=== Extracted records ===

-- ===== src/Tests/Operator.antt =====
-- A run of the command.
use ekco.Prelude.{◌≡◌, refl, ◌⊎◌, false, none, [], ◌∷◌, All}
use ekco.Errors.{ok}
use ekco.Kube.{Env}
use ekco.Cluster.PurgeNode.Order.{deletions}
use ekco.Ekcoops.Poll.{tick, cancelled, poll}
use ekco.Cli.Operator.{operator_cmd}
use ekco.Cli.PurgeCommand.{purge_node_cmd}
use ekco.Cli.PurgeCommand.Accepted.{AllowedByCommand, purge_node_cmd-deletions}
use ekco.Cli.Init.{EkcoConfig, Viper, Host, initialize}
use ekco.Cli.Operator.Purged.{DeletedBy, operator_cmd-deletions}
use ekco.Cli.Init.{init_ekco_config, init_cluster_controller}
use ekco.Cli.Operator.{run_operator}
use ekco.Webhook.Install.{start_webhooks, start_server, remove_hook}
use ekco.Ekcoops.Poll.{poll_from, poll_tick, on_launch}
use ekco.Ekcoops.Operator.{reconcile, reconcile_nodes, reconcile_cluster, reconcile_add_ons}
use ekco.Ekcoops.Prometheus.{reconcile_prometheus, scale}
use ekco.Cluster.RookVersion.{get_rook_version}
use ekco.Ekcoops.Nodes.{reconcile_node, is_dead, clear_if_dead}
use ekco.Cluster.ClearNode.{clear_node, clear_pods}
use ekco.Cluster.PurgeNode.{purge_node, maybe_master, remove_master, purge_osd_if}
use ekco.Cluster.Envoy.{restart_failed_envoy_pods}
use ekco.Util.Node.{node_ready_counts, node_is_ready, node_is_master}
use ekco.Tests.Env.{nothing, env_with, master, dead_worker}
use ekco.Tests.Settings.{settings, no_services}

abbrev env : Env
env =
    env_with none (record nothing { node = ok dead_worker; nodes = ok (dead_worker ∷ master ∷ []) })

abbrev config : EkcoConfig
config = record {
  operator = settings;
  controller = no_services.controller;
  contour_cert_namespace = "contour";
  pod_image_overrides = [];
}

abbrev viper : Viper
viper = record { unmarshal = ok config; is_set = λ name. false }

abbrev host : Host
host = record {
  logger = ok tt;
  in_cluster_config = ok tt;
  kubernetes_client = ok tt;
  controller_runtime_client = ok tt;
  ceph_client = ok tt;
  dynamic_client = ok tt;
}

operator_cmd-deletions_example :
    All
      (DeletedBy viper (tick ∷ cancelled ∷ []) env)
      (deletions (operator_cmd viper host (tick ∷ cancelled ∷ []) env []).1)
operator_cmd-deletions_example = operator_cmd-deletions viper host (tick ∷ cancelled ∷ []) env

-- The dead worker is purged on the first tick.
one_purged : deletions (operator_cmd viper host (tick ∷ cancelled ∷ []) env []).1 ≡ "w1" ∷ []
unfolding initialize operator_cmd init_ekco_config init_cluster_controller run_operator
    start_webhooks start_server remove_hook poll poll_from poll_tick on_launch reconcile
    reconcile_nodes reconcile_prometheus reconcile_cluster reconcile_add_ons get_rook_version
    reconcile_node is_dead clear_if_dead clear_node purge_node maybe_master remove_master
    purge_osd_if restart_failed_envoy_pods scale node_ready_counts node_is_ready node_is_master
    clear_pods
one_purged = refl

purge_node_cmd-deletions_example :
    let names = deletions (purge_node_cmd viper host "w1" env []).1 in
    (names ≡ [])
    ⊎ (names ≡ "w1" ∷ [])
      × (c : EkcoConfig) × (init_ekco_config viper env [] ≡ (ok c, []))
      × AllowedByCommand c.operator "w1" env
purge_node_cmd-deletions_example = purge_node_cmd-deletions viper host "w1" env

===

#### What is needed
In the answer, return exactly the lines from the line containing "let names = deletions" to the end of the records above, and no others.

#### Response to this task
    let names = deletions (purge_node_cmd viper host "w1" env []).1 in
    (names ≡ [])
    ⊎ (names ≡ "w1" ∷ [])
      × (c : EkcoConfig) × (init_ekco_config viper env [] ≡ (ok c, []))
      × AllowedByCommand c.operator "w1" env
purge_node_cmd-deletions_example = purge_node_cmd-deletions viper host "w1" env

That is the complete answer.